実践演習・労働生理 第60問
老化と生体機能変化に関する次の記述のうち、正しいものはどれか。
問題
老化と生体機能変化に関する次の記述のうち、正しいものはどれか。
選択肢
- (1) 加齢に伴い、一般に最大換気量・肺活量等の呼吸機能は低下する傾向がある。
- (2) 加齢によって神経伝導速度は加速し、反応速度が向上する。
- (3) 加齢に伴い、骨密度は増加するため骨折リスクは低下する。
- (4) 加齢による視力・聴力の変化は、個人差がなく全員同じ時期に同じ程度低下する。
- (5) 加齢により基礎代謝量は増加するため、高齢者は若年者より多くのカロリーを必要とする。
正答
正答は (1) です。
解説
正答は1。

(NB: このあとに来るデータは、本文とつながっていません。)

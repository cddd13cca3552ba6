-- ===== src/Admin.antt =====
-- Client credentials and access, src/omf_retrieval/application/admin.
pub mod Base64
pub mod Tokens
pub mod Store
pub mod Access
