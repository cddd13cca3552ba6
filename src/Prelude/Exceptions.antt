-- ===== src/Prelude/Exceptions.antt =====
-- Python's exceptions as values: the classes that the sources raise or catch, and the result of a
-- call that may raise.
use mathlib.Core.Bool.{Bool, false, true}
use mathlib.Core.Logic.{inl, inr, ◌⊎◌}
use mathlib.Core.Path.{refl, ◌≡◌}

pub data Exception : Type 0 where
  value_error type_error index_error runtime_error os_error key_error recursion_error : Exception
  unicode_decode_error overflow_error integrity_error : Exception
  keyboard_interrupt system_exit : Exception
  search_unavailable no_active_index source_access authentication : Exception
  client_admin client_persistence key_id_collision token_issuance : Exception
  activation_failed rollback_readiness post_commit_audit indexing_in_progress : Exception
  policy_validation config_validation snapshot_validation structure_validation : Exception
  metadata_extraction invariant_violation : Exception
  -- no exception of Python: a loop of a model has used up its fuel
  out_of_fuel : Exception

-- `except (KeyboardInterrupt, SystemExit)`: what is no `Exception` and passes `except Exception`
unfoldable pub is_exit : Exception → Bool
is_exit keyboard_interrupt = true
is_exit system_exit = true
is_exit _ = false

pub data Result {ℓ} (A : Type ℓ) : Type ℓ where
  ok : A → Result A
  raise : Exception → Result A

infixl 5 ◌>>=◌ ◌>>◌
-- an exception passes what follows
abbrev pub ◌>>=◌ {ℓ κ} : {V : Type ℓ} {W : Type κ} → Result V → (V → Result W) → Result W
raise x >>= after = raise x
ok value >>= after = after value

-- a call for its exceptions only
abbrev pub ◌>>◌ {κ} : {W : Type κ} → Result (Unit {0}) → Result W → Result W
check >> after = check >>= λ done. after

-- `if not b: raise e`
abbrev pub require : Bool → Exception → Result (Unit {0})
require true e = ok tt
require false e = raise e

module _ {ℓ} {A : Type ℓ} where
  -- `try: m except (KeyboardInterrupt, SystemExit): raise except Exception: raise e from None`
  unfoldable pub shielded : Exception → Result A → Result A
  unfolding is_exit
  shielded e (ok a) = ok a
  shielded e (raise x) = elim (is_exit x) [ true ↦ raise x | false ↦ raise e ]

  pub Result-cases : (r : Result A) → ((a : A) × (r ≡ ok a)) ⊎ ((e : Exception) × (r ≡ raise e))
  Result-cases (ok a) = inl (a, refl)
  Result-cases (raise e) = inr (e, refl)

  pub ok-injective : {a b : A} → ok a ≡ ok b → a ≡ b
  ok-injective h = cc

  pub raise-ne-ok : {a : A} {e : Exception} → raise e ≡ ok a → ⊥
  raise-ne-ok h = cc

  pub shielded-eq_ok : (e : Exception) (r : Result A) {a : A} → shielded e r ≡ ok a → r ≡ ok a
  unfolding shielded
  shielded-eq_ok e (ok b) h = h
  shielded-eq_ok e (raise keyboard_interrupt) h = h
  shielded-eq_ok e (raise x) h = cc

module _ {ℓ κ} {A : Type ℓ} {B : Type κ} where
  -- inversion of a successful bind
  pub >>=-eq_ok :
      (call : Result A) (after : A → Result B) {out : B}
      → (call >>= after) ≡ ok out
      → (value : A) × (call ≡ ok value) × (after value ≡ ok out)
  >>=-eq_ok (ok a) f h = (a, refl, h)
  >>=-eq_ok (raise e) f h = cc

pub require-eq_ok : (b : Bool) (e : Exception) {u : Unit {0}} → require b e ≡ ok u → b ≡ true
require-eq_ok true e h = refl
require-eq_ok false e h = cc

-- the same inversion, for a goal that a continuation proves
module _ {ℓ κ μ} {A : Type ℓ} {B : Type κ} {G : Type μ} where
  pub >>=-elim :
      (call : Result A) (after : A → Result B) {out : B}
      → (call >>= after) ≡ ok out
      → ((value : A) → call ≡ ok value → after value ≡ ok out → G)
      → G
  >>=-elim (ok value) after h continue = continue value refl h
  >>=-elim (raise e) after h continue = absurd (raise-ne-ok h)

module _ {ℓ κ} {A : Type ℓ} {B : Type κ} where
  -- a call that returns, and what follows it
  pub bind_eq :
      (r : Result A) (after : A → Result B) (a : A) {out : Result B}
      → r ≡ ok a
      → after a ≡ out
      → (r >>= after) ≡ out
  bind_eq (ok b) after a h k = rw (ok-injective h) k
  bind_eq (raise e) after a h k = absurd (raise-ne-ok h)

module _ {ℓ} {A : Type ℓ} where
  -- a test that passes
  pub require_eq :
      (b : Bool) (e : Exception) {r out : Result A} → b ≡ true → r ≡ out → (require b e >> r) ≡ out
  require_eq b e h k = rw h k
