-- ===== src/Admin/Base64.antt =====
-- URL-safe base64 without padding, as `urlsafe_b64encode(…).rstrip(b"=")` and
-- `b64decode(… + "=", altchars=b"-_", validate=True)` of application/admin/tokens.py use it, and
-- `bytes.hex`. A byte is a number below 256.
use mathlib.Core.Option
use mathlib.Core.Path.{ap₂}
use omf_retrieval.Prelude.{
  All, Bool, List, Option, [], all, ap, arith, if◌then◌else◌, is_some, leb, length, length-map, ltb,
  map, nat_beq, none, refl, some, true, ℕ, ◌%◌, ◌&&◌, ◌*◌, ◌+◌, ◌-◌, ◌/◌, ◌<◌, ◌∙◌, ◌∷◌, ◌≡◌,
}
use omf_retrieval.Prelude.Text.{Text, is_hex}

abbrev pub Bytes : Type 0
Bytes = List ℕ

abbrev pub AreBytes : Bytes → Type 0
AreBytes = All (λ b. b < 256)

-- the alphabet: A-Z a-z 0-9 - _
unfoldable pub encode_digit : ℕ → ℕ
encode_digit n =
    if ltb n 26
    then n + 65
    else if ltb n 52
    then n + 71
    else if ltb n 62
    then n - 4
    else if nat_beq n 62
    then 45
    else 95

unfoldable pub decode_digit : ℕ → Option ℕ
decode_digit c =
    if leb 65 c && leb c 90
    then some (c - 65)
    else if leb 97 c && leb c 122
    then some (c - 71)
    else if leb 48 c && leb c 57
    then some (c + 4)
    else if nat_beq c 45
    then some 62
    else if nat_beq c 95
    then some 63
    else none

-- `[A-Za-z0-9_-]`
unfoldable pub is_digit : ℕ → Bool
unfolding decode_digit
is_digit c = is_some (decode_digit c)

-- the 6-bit digits of the bytes, the last one filled up with zeros
unfoldable pub sextets : Bytes → List ℕ
sextets [] = []
sextets (a ∷ []) = a / 4 ∷ (a % 4 * 16) ∷ []
sextets (a ∷ b ∷ []) = a / 4 ∷ (a % 4 * 16 + b / 16) ∷ (b % 16 * 4) ∷ []
sextets (a ∷ b ∷ c ∷ rest) =
    a / 4 ∷ (a % 4 * 16 + b / 16) ∷ (b % 16 * 4 + c / 64) ∷ (c % 64) ∷ sextets rest

-- the bytes of the digits; bits that fill no byte are dropped, a single digit is an error
unfoldable pub octets : List ℕ → Option Bytes
octets [] = some []
octets (p ∷ []) = none
octets (p ∷ q ∷ []) = some ((p * 4 + q / 16) ∷ [])
octets (p ∷ q ∷ r ∷ []) = some ((p * 4 + q / 16) ∷ (q % 16 * 16 + r / 4) ∷ [])
octets (p ∷ q ∷ r ∷ s ∷ rest) =
    Option.map (λ bs. (p * 4 + q / 16) ∷ (q % 16 * 16 + r / 4) ∷ (r % 4 * 64 + s) ∷ bs)
      (octets rest)

unfoldable pub decode_digits : Text → Option (List ℕ)
unfolding decode_digit
decode_digits [] = some []
decode_digits (c ∷ s) = elim (decode_digit c) [
  | none ↦ none
  | some d ↦ Option.map (λ ds. d ∷ ds) (decode_digits s)
]

unfoldable pub b64_encode : Bytes → Text
unfolding encode_digit sextets
b64_encode bs = map encode_digit (sextets bs)

unfoldable pub b64_decode : Text → Option Bytes
unfolding decode_digits octets
b64_decode s = elim (decode_digits s) [ none ↦ none | some ds ↦ octets ds ]

octets-sextets : (bs : Bytes) → AreBytes bs → octets (sextets bs) ≡ some bs
unfolding octets sextets
octets-sextets [] h = refl
octets-sextets (a ∷ []) h = ap some (ap (λ x. x ∷ []) (omega arith))
octets-sextets (a ∷ b ∷ []) h = ap some (ap₂ (λ x y. x ∷ y ∷ []) (omega arith) (omega arith))
octets-sextets (a ∷ b ∷ c ∷ rest) h = ground (arith, octets-sextets rest h.1.1.1)

sextets_bound : (bs : Bytes) → AreBytes bs → All (λ d. d < 64) (sextets bs)
unfolding sextets
sextets_bound [] h = tt
sextets_bound (a ∷ []) h = omega arith
sextets_bound (a ∷ b ∷ []) h = omega arith
sextets_bound (a ∷ b ∷ c ∷ rest) h =
    (omega arith, (omega arith, (omega arith, (omega arith, sextets_bound rest h.1.1.1))))

decode-encode_digit : (d : ℕ) → d < 64 → decode_digit (encode_digit d) ≡ some d
unfolding decode_digit encode_digit
decode-encode_digit d h = ground arith

decode_digits-map :
    (ds : List ℕ) → All (λ d. d < 64) ds → decode_digits (map encode_digit ds) ≡ some ds
unfolding decode_digits
decode_digits-map [] h = refl
decode_digits-map (d ∷ ds) h = ground (arith, decode-encode_digit d, decode_digits-map ds h.1)

-- Decoding what was encoded gives the bytes back.
pub b64_decode-encode : (bs : Bytes) → AreBytes bs → b64_decode (b64_encode bs) ≡ some bs
unfolding b64_decode b64_encode
b64_decode-encode bs h =
    rw (decode_digits-map (sextets bs) (sextets_bound bs h), b64_decode) (octets-sextets bs h)

all_digits : (ds : List ℕ) → All (λ d. d < 64) ds → all is_digit (map encode_digit ds) ≡ true
unfolding all is_digit
all_digits [] h = refl
all_digits (d ∷ ds) h = ground (arith, decode-encode_digit d, all_digits ds h.1)

-- what is encoded is written in the alphabet
pub b64_encode-digits : (bs : Bytes) → AreBytes bs → all is_digit (b64_encode bs) ≡ true
unfolding b64_encode
b64_encode-digits bs h = all_digits (sextets bs) (sextets_bound bs h)

length-sextets : (bs : Bytes) → length (sextets bs) ≡ (length bs * 4 + 2) / 3
unfolding sextets
length-sextets [] = refl
length-sextets (a ∷ []) = refl
length-sextets (a ∷ b ∷ []) = refl
length-sextets (a ∷ b ∷ c ∷ rest) = omega (arith, length-sextets rest)

-- n bytes are ⌈4n/3⌉ characters
pub length-b64_encode : (bs : Bytes) → length (b64_encode bs) ≡ (length bs * 4 + 2) / 3
unfolding b64_encode
length-b64_encode bs = length-map encode_digit (sextets bs) ∙ length-sextets bs

unfoldable pub hex_digit : ℕ → ℕ
hex_digit n = if ltb n 10 then n + 48 else n + 87

-- `bs.hex()`
unfoldable pub to_hex : Bytes → Text
unfolding hex_digit
to_hex [] = []
to_hex (b ∷ bs) = hex_digit (b / 16) ∷ hex_digit (b % 16) ∷ to_hex bs

pub length-to_hex : (bs : Bytes) → length (to_hex bs) ≡ length bs * 2
unfolding to_hex
length-to_hex [] = refl
length-to_hex (b ∷ bs) = omega (arith, length-to_hex bs)

is_hex-digit : (n : ℕ) → n < 16 → is_hex (hex_digit n) ≡ true
unfolding is_hex hex_digit
is_hex-digit n h = ground arith

pub to_hex-is_hex : (bs : Bytes) → AreBytes bs → all is_hex (to_hex bs) ≡ true
unfolding to_hex all
to_hex-is_hex [] h = refl
to_hex-is_hex (b ∷ bs) h =
    ground (arith, is_hex-digit (b / 16), is_hex-digit (b % 16), to_hex-is_hex bs h.1)
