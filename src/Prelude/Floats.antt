-- ===== src/Prelude/Floats.antt =====
-- `float`: the language's binary64 numbers as an interface. There are no floats to compute with, so
-- a model takes the type, the operations that the sources call, and the few laws that it needs.
-- Every law holds of IEEE 754 arithmetic, not-a-number and the infinities included. Division by an
-- int converts the int first, which raises where the int is too large for a float: `fits` tells.
use Prim.Native.Nat.{ℕ, ◌+◌, ◌-◌, ◌/◌, ◌<◌, ◌≤◌}
use mathlib.Core.Bool.{Bool, false, not, true, ◌&&◌}
use mathlib.Core.Path.{refl, ◌≡◌}
use native.Mathlib.Omega.{arith}
use omf_retrieval.Prelude.Tests.{leb}

pub record Floats : Type 1 where
  pub F : Type 0
  pub zero : F
  pub one : F
  pub minus_one : F
  pub is_finite : F → Bool
  -- `a <= b`
  pub le : F → F → Bool
  pub add : F → F → F
  pub sub : F → F → F
  -- `a / n` by an int
  pub div : F → ℕ → F
  -- whether an int converts to a float
  pub fits : ℕ → Bool
  pub le_trans : (a b c : F) → le a b ≡ true → le b c ≡ true → le a c ≡ true
  -- numbers that are at least zero are comparable
  pub le_total : (a b : F) → le zero a ≡ true → le zero b ≡ true → le a b ≡ false → le b a ≡ true
  pub zero_nonneg : le zero zero ≡ true
  pub add_nonneg : (a b : F) → le zero a ≡ true → le zero b ≡ true → le zero (add a b) ≡ true
  -- an int below one that converts converts
  pub fits_mono : (m n : ℕ) → m ≤ n → fits n ≡ true → fits m ≡ true
  pub div_nonneg : (a : F) (n : ℕ) → le zero a ≡ true → 0 < n → le zero (div a n) ≡ true

module _ ⦃fl : Floats⦄ where
  abbrev pub Float : Type 0
  Float = fl.F

  abbrev pub Nonneg : Float → Type 0
  Nonneg a = fl.le fl.zero a ≡ true

  -- `a < b`
  unfoldable pub float_lt : Float → Float → Bool
  float_lt a b = fl.le a b && not (fl.le b a)

  -- `a == b`
  unfoldable pub float_eq : Float → Float → Bool
  float_eq a b = fl.le a b && fl.le b a

-- Numbers in steps of a millionth, cut off at 0: an instance to run the models on.
pub micros_total : (a b : ℕ) → leb 0 a ≡ true → leb 0 b ≡ true → leb a b ≡ false → leb b a ≡ true
micros_total a b p q h = ground arith

pub micros_trans : (a b c : ℕ) → leb a b ≡ true → leb b c ≡ true → leb a c ≡ true
micros_trans a b c p q = ground arith

pub micros_nonneg : (a : ℕ) → leb 0 a ≡ true
micros_nonneg a = ground arith

abbrev pub micros : Floats
micros = record {
  F = ℕ;
  zero = 0;
  one = 1000000;
  minus_one = 0;
  is_finite = λ a. true;
  le = leb;
  add = λ a b. a + b;
  sub = λ a b. a - b;
  div = λ a n. a / n;
  fits = λ n. true;
  fits_mono = λ m n _ _. refl;
  le_trans = micros_trans;
  le_total = micros_total;
  zero_nonneg = micros_nonneg 0;
  add_nonneg = λ a b _ _. micros_nonneg (a + b);
  div_nonneg = λ a n _ _. micros_nonneg (a / n);
}
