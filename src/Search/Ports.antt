-- ===== src/Search/Ports.antt =====
-- The data of a search and its validation, application/search/ports.py. A `check` is the
-- `__post_init__` of its class; the tests of exact types are the model's types.
-- A UUID is its 128-bit `int`, by which the sources order it.
use omf_retrieval.Prelude.{
  Bool, Eq, List, Result, any, arith, distinct, if◌then◌else◌, leb, list_beq_iff, list_eq, map,
  nat_eq, not, require, true, value_error, ℕ, ◌&&◌, ◌==◌, ◌>>◌, ◌↔◌, ◌≡◌,
}
use omf_retrieval.Prelude.Floats.{Float, Floats}
use omf_retrieval.Prelude.Text.{
  Text, codes, ends_with, is_blank, is_empty, is_hex_of, starts_with, text_lt,
}

abbrev pub Uuid : Type 0
Uuid = ℕ

pub record Origin : Type 0 where
  pub source_path : Text
  pub content_hash : Text

unfoldable pub check_origin : Origin → Result (Unit {0})
unfolding starts_with ends_with is_hex_of
check_origin o =
    require
      (starts_with o.source_path (codes "design/wiki/")
        && ends_with o.source_path (codes ".md")
        && is_hex_of 64 o.content_hash)
      value_error

unfoldable pub origin_beq : Origin → Origin → Bool
origin_beq a b = a.source_path == b.source_path && a.content_hash == b.content_hash

pub origin_beq_iff : (a b : Origin) → (origin_beq a b ≡ true) ↔ (a ≡ b)
unfolding origin_beq
origin_beq_iff a b =
    ground
      (arith, list_beq_iff a.source_path b.source_path, list_beq_iff a.content_hash b.content_hash)

instance abbrev pub origin_eq : Eq Origin
origin_eq = record { beq = origin_beq; beq_iff = origin_beq_iff }

-- `order=True`: by the fields in turn
unfoldable pub origin_lt : Origin → Origin → Bool
unfolding text_lt
origin_lt a b =
    if a.source_path == b.source_path
    then text_lt a.content_hash b.content_hash
    else text_lt a.source_path b.source_path

pub record ActiveIndex : Type 0 where
  pub run_id : Uuid
  pub commit_sha : Text

unfoldable pub check_active_index : ActiveIndex → Result (Unit {0})
unfolding is_hex_of
check_active_index a = require (is_hex_of 40 a.commit_sha) value_error

unfoldable pub active_index_beq : ActiveIndex → ActiveIndex → Bool
active_index_beq a b = a.run_id == b.run_id && a.commit_sha == b.commit_sha

pub active_index_beq_iff : (a b : ActiveIndex) → (active_index_beq a b ≡ true) ↔ (a ≡ b)
unfolding active_index_beq
active_index_beq_iff a b = ground (arith, list_beq_iff a.commit_sha b.commit_sha)

instance abbrev pub active_index_eq : Eq ActiveIndex
active_index_eq = record { beq = active_index_beq; beq_iff = active_index_beq_iff }

pub record Candidate : Type 0 where
  pub chunk_id : Uuid
  pub parent_id : Uuid
  pub heading_path : List Text
  pub excerpt : Text
  pub line_start : ℕ
  pub line_end : ℕ
  pub origins : List Origin

unfoldable pub check_candidate : Candidate → Result (Unit {0})
unfolding any is_blank distinct
check_candidate c = do
  require (not (any is_blank c.heading_path)) value_error
  require (not (is_empty c.excerpt)) value_error
  require (leb 1 c.line_start && leb c.line_start c.line_end) value_error
  require (not (is_empty c.origins) && distinct c.origins) value_error

unfoldable pub candidate_beq : Candidate → Candidate → Bool
candidate_beq a b =
    a.chunk_id == b.chunk_id
    && a.parent_id == b.parent_id
    && a.heading_path == b.heading_path
    && a.excerpt == b.excerpt
    && a.line_start == b.line_start
    && a.line_end == b.line_end
    && a.origins == b.origins

pub candidate_beq_iff : (a b : Candidate) → (candidate_beq a b ≡ true) ↔ (a ≡ b)
unfolding candidate_beq
candidate_beq_iff a b = ground (
  arith,
  list_beq_iff a.heading_path b.heading_path,
  list_beq_iff a.excerpt b.excerpt,
  list_beq_iff a.origins b.origins,
)

instance abbrev pub candidate_eq : Eq Candidate
candidate_eq = record { beq = candidate_beq; beq_iff = candidate_beq_iff }

module _ ⦃fl : Floats⦄ where
  pub record ScoredCandidate : Type 0 where
    pub candidate : Candidate
    pub raw_score : Float

  unfoldable pub check_scored_candidate : ScoredCandidate → Result (Unit {0})
  check_scored_candidate s =
      require
        (fl.is_finite s.raw_score && fl.le fl.minus_one s.raw_score && fl.le s.raw_score fl.one)
        value_error

  pub record CandidateBatch : Type 0 where
    pub index : ActiveIndex
    pub keyword : List ScoredCandidate
    pub vector : List ScoredCandidate

  abbrev pub candidates_of : List ScoredCandidate → List Candidate
  candidates_of = map (λ s. s.candidate)

  unfoldable pub chunk_ids : List ScoredCandidate → List Uuid
  chunk_ids = map (λ s. s.candidate.chunk_id)

  -- the identifiers of each lane are unique
  unfoldable pub check_candidate_batch : CandidateBatch → Result (Unit {0})
  unfolding distinct chunk_ids
  check_candidate_batch b = do
    require (distinct (chunk_ids b.keyword)) value_error
    require (distinct (chunk_ids b.vector)) value_error
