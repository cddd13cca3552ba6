-- ===== src/Admin/Tokens.antt =====
-- Client credentials, application/admin/tokens.py. SHA-256 is a parameter of the model.
pub mod Laws
use omf_retrieval.Admin.Base64.{Bytes, b64_decode, b64_encode, is_digit, to_hex}
use omf_retrieval.Prelude.{
  Option, Result, all, authentication, client_admin, drop, if◌then◌else◌, length, list_eq, nat_beq,
  nat_eq, none, ok, raise, require, some, take, ℕ, ◌&&◌, ◌++◌, ◌==◌, ◌>>=◌, ◌>>◌,
}
use omf_retrieval.Prelude.Text.{Text, codes, is_hex_of, starts_with}
use omf_retrieval.Search.Ports.{Uuid}

pub record AuthenticatedClient : Type 0 where
  pub client_id : Uuid
  pub name : Text
  pub key_id : Text

pub record AuthorizedSource : Type 0 where
  pub client : AuthenticatedClient
  pub source_key : Text

pub record IssuedClient : Type 0 where
  pub client_id : Uuid
  pub name : Text
  pub key_id : Text
  pub token : Text
  pub secret : Bytes

pub data DateTime : Type 0 where
  naive : ℕ → DateTime
  aware : ℕ → DateTime

pub record StoredClient : Type 0 where
  pub id : Uuid
  pub name : Text
  pub key_id : Text
  pub token_hash : Bytes
  pub status : Text
  pub expires_at : Option DateTime
  pub created_at : DateTime

-- `f"omfr_{key_id}.{encoded}"`
unfoldable pub format_token : Text → Text → Text
format_token key_id encoded = codes "omfr_" ++ (key_id ++ (codes "." ++ encoded))

-- `_TOKEN_PATTERN.fullmatch(token)` and its two groups
unfoldable pub match_token : Text → Option (Text × Text)
unfolding starts_with is_hex_of take drop all is_digit
match_token token =
    let body = drop 5 token in
    let key_id = take 16 body in
    let encoded = drop 17 body in
    if starts_with token (codes "omfr_")
      && is_hex_of 16 key_id
      && starts_with (drop 16 body) (codes ".")
      && nat_beq (length encoded) 43
      && all is_digit encoded
    then some (key_id, encoded)
    else none

-- a decoded secret is accepted in its canonical form only
unfoldable pub accept_secret : Text → Text → Bytes → Result (Text × Bytes)
unfolding b64_encode
accept_secret key_id encoded secret =
    if nat_beq (length secret) 32 && b64_encode secret == encoded
    then ok (key_id, secret)
    else raise authentication

unfoldable pub parse_token : Text → Result (Text × Bytes)
unfolding match_token b64_decode accept_secret
parse_token token = elim (match_token token) [
  | none ↦ raise authentication
  | some (key_id, encoded) ↦ elim (b64_decode encoded) [
    | none ↦ raise authentication
    | some secret ↦ accept_secret key_id encoded secret
  ]
]

module _ (sha256 : Bytes → Bytes) where
  -- `issue_token`, of the bytes that the provider returned for its two calls
  unfoldable pub issue_token : Bytes → Bytes → Result (Text × Text × Bytes × Bytes)
  unfolding to_hex format_token b64_encode
  issue_token key_bytes secret = do
    require (nat_beq (length key_bytes) 8) client_admin
    require (nat_beq (length secret) 32) client_admin
    let key_id = to_hex key_bytes
    ok (key_id, format_token key_id (b64_encode secret), secret, sha256 secret)
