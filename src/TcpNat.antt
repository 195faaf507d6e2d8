-- ===== src/TcpNat.antt =====
-- crates/clash-tun/src/nat.rs: the table that gives each TCP source of the tunnel a local port.
-- `Instant::now()` is the argument `now`, a number of ticks, and the mutex makes each operation one
-- step. A `HashMap` is `Common.Map`.
pub mod Search
pub mod Invariant
pub mod Session
pub mod Sweep
pub mod Count
mod Tests
use rust_clash.Common.{
  ℕ, zero, suc, ◌+◌, ◌-◌, ◌%◌, ◌^◌, Bool, true, false, not, ◌||◌, List, [], ◌∷◌, Option, none, some,
  ltb, ◌==◌, if◌then◌else◌, lookup, insert, remove, contains_key, any_value, nat_eq,
}
use rust_clash.Net.{Ipv4Addr, SocketAddrV4, ip_beq, addr_beq, addr_eq}

pub record TcpSession : Type 0 where
  pub source : SocketAddrV4
  pub destination : SocketAddrV4
  pub last : ℕ

pub record Inner : Type 0 where
  pub addr_map : List (SocketAddrV4 × ℕ)
  pub port_map : List (ℕ × TcpSession)
  pub port_index : ℕ

pub record TcpNat : Type 0 where
  pub timeout : ℕ
  pub gate : Inner

unfoldable pub new : ℕ → TcpNat
new timeout = record {
  timeout = timeout;
  gate = record { addr_map = []; port_map = []; port_index = 10000 };
}

-- One round of the search: the candidate `next`, and the index after it.
abbrev pub candidate : ℕ → ℕ
candidate i = if i == 0 then 10000 else i

abbrev pub advance : ℕ → ℕ
advance i = if i == 0 then 10001 else (i + 1) % 2 ^ 16

-- `for _ in 0..rounds`, from the value that `next` has before: the last `next`, and the index.
unfoldable pub search_port : ℕ → List (ℕ × TcpSession) → ℕ → ℕ → ℕ × ℕ
search_port zero ports next i = (next, i)
search_port (suc n) ports next i =
    let more = search_port n ports (candidate i) (advance i) in
    if contains_key (candidate i) ports then more else (candidate i, advance i)

abbrev pub rounds : ℕ
rounds = 55535

-- The branch for a known source.
unfoldable pub refresh : ℕ → SocketAddrV4 → SocketAddrV4 → ℕ → Inner → Inner
refresh now source destination existing g = elim (lookup existing g.port_map) [
  | none ↦ g
  | some s ↦
      if addr_beq s.destination destination
      then record g { port_map = insert existing (record s { last = now }) g.port_map }
      else record g {
        port_map =
            insert existing (record { source = s.source; destination = destination; last = now })
              g.port_map;
      }
]

-- The branch for a new source, from the last candidate `next` and the index `i` on.
unfoldable pub claim : ℕ → SocketAddrV4 → SocketAddrV4 → ℕ × ℕ → Inner → Option ℕ × Inner
claim now source destination (next, i) g =
    if next == 0 || contains_key next g.port_map then (none, record g { port_index = i }) else (
      some next,
      record {
        addr_map = insert source next g.addr_map;
        port_map =
            insert next (record { source = source; destination = destination; last = now })
              g.port_map;
        port_index = i;
      },
    )

-- The body of `TcpNat::lookup` under the lock.
unfoldable pub lookup_inner : ℕ → SocketAddrV4 → SocketAddrV4 → Inner → Option ℕ × Inner
lookup_inner now source destination g = elim (lookup source g.addr_map) [
  | some existing ↦ (some existing, refresh now source destination existing g)
  | none ↦ claim now source destination (search_port rounds g.port_map 0 g.port_index) g
]

unfoldable pub lookup_back_inner : ℕ → ℕ → Inner → Option (SocketAddrV4 × SocketAddrV4) × Inner
lookup_back_inner now port g = elim (lookup port g.port_map) [
  | none ↦ (none, g)
  | some s ↦ (
    some (s.source, s.destination),
    record g { port_map = insert port (record s { last = now }) g.port_map },
  )
]

unfoldable pub has_destination : Ipv4Addr → TcpNat → Bool
has_destination ip t = any_value (λ s. ip_beq s.destination.ip ip) t.gate.port_map

-- The ports whose session has been idle for longer than the timeout. `duration_since` stops at 0.
unfoldable pub dead_ports : ℕ → ℕ → List (ℕ × TcpSession) → List ℕ
dead_ports now timeout [] = []
dead_ports now timeout ((p, s) ∷ m) =
    let rest = dead_ports now timeout m in if ltb timeout (now - s.last) then p ∷ rest else rest

-- One round of the loop over them.
unfoldable pub drop_port : ℕ → Inner → Inner
drop_port p g = elim (lookup p g.port_map) [
  | none ↦ record g { port_map = remove p g.port_map }
  | some s ↦ record g { addr_map = remove s.source g.addr_map; port_map = remove p g.port_map }
]

unfoldable pub drop_ports : List ℕ → Inner → Inner
drop_ports [] g = g
drop_ports (p ∷ ps) g = drop_ports ps (drop_port p g)

unfoldable pub sweep_inner : ℕ → ℕ → Inner → Inner
sweep_inner now timeout g = drop_ports (dead_ports now timeout g.port_map) g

加齢に伴い肺の弾性低下・呼吸筋の筋力低下等により最大換気量・肺活量・1秒量等の呼吸機能は低下する傾向があり、(1)の記述は正しい。(2)神経伝導速度は加齢とともに低下し反応時間が延長する、(3)加齢に伴い骨密度は低下し骨折リスクが高まる傾向がある、(5)加齢により基礎代謝量は低下する。
正解の理由
(1)の記述は正しい(単独の記述としては妥当な場合がありますが、設問全体の正答かどうかは他肢と比較して判断してください。) 加齢に伴い肺の弾性低下・呼吸筋の筋力低下等により最大換気量・肺活量・1秒量等の呼吸機能は低下する傾向があり、(1)の記述は正しい。
(1) 加齢に伴い、一般に最大換気量・肺活量等の呼吸機能は低下する傾向がある。
他の選択肢
(2) 加齢によって神経伝導速度は加速し、反応速度が向上する。
(2)「加齢によって神経伝導速度は加速し、反応速度が向上する。」は、単独の記述としては法令上妥当な場合がありますが、本問で選ぶべき正答は(1)「加齢に伴い、一般に最大換気量・肺活量等の呼吸機能は低下する傾向がある。」です。問題文の条件(老化と生体機能変化に関する次の記述のうち、正しいものはどれか。…)と照らし、設問が問う論点に合う肢を選び直してください。
(3) 加齢に伴い、骨密度は増加するため骨折リスクは低下する。
(3)「加齢に伴い、骨密度は増加するため骨折リスクは低下する。」は、単独の記述としては法令上妥当な場合がありますが、本問で選ぶべき正答は(1)「加齢に伴い、一般に最大換気量・肺活量等の呼吸機能は低下する傾向がある。」です。問題文の条件(老化と生体機能変化に関する次の記述のうち、正しいものはどれか。…)と照らし、設問が問う論点に合う肢を選び直してください。
(4) 加齢による視力・聴力の変化は、個人差がなく全員同じ時期に同じ程度低下する。
(4)の内容は、正答(1)「加齢に伴い、一般に最大換気量・肺活量等の呼吸機能は低下する傾向がある。」が示す論点とずれています。 解説の要点:正答は1。加齢に伴い肺の弾性低下・呼吸筋の筋力低下等により最大換気量・肺活量・1秒量等の呼吸機能は低下する傾向があり、(1)の記述は正しい。(2)神経伝導速度は加齢とともに低下し反応時間が延長する、(3)加齢に伴い骨密度は低下し骨折リスクが高まる傾向がある、(5)加齢により基礎代… 正答(1)との違いを確認し直してください。
(5) 加齢により基礎代謝量は増加するため、高齢者は若年者より多くのカロリーを必要とする。
(5)「加齢により基礎代謝量は増加するため、高齢者は若年者より多くのカロリーを必要とする。」は、単独の記述としては法令上妥当な場合がありますが、本問で選ぶべき正答は(1)「加齢に伴い、一般に最大換気量・肺活量等の呼吸機能は低下する傾向がある。」です。問題文の条件(老化と生体機能変化に関する次の記述のうち、正しいものはどれか。…)と照らし、設問が問う論点に合う肢を選び直してください。
学習のヒント
温度・湿度・作業強度・WBGT などは、基準値と測定・対策の手順を一連の流れで覚えると理解が定着します。生理・環境の用語を押さえたあと、数値を問う過去問で計算・判断の練習を重ねてください。 「正しいもの」を問う設問では、数字・期限・主体(誰が・何を)のずれがないか、各肢を条文イメージと照合してください。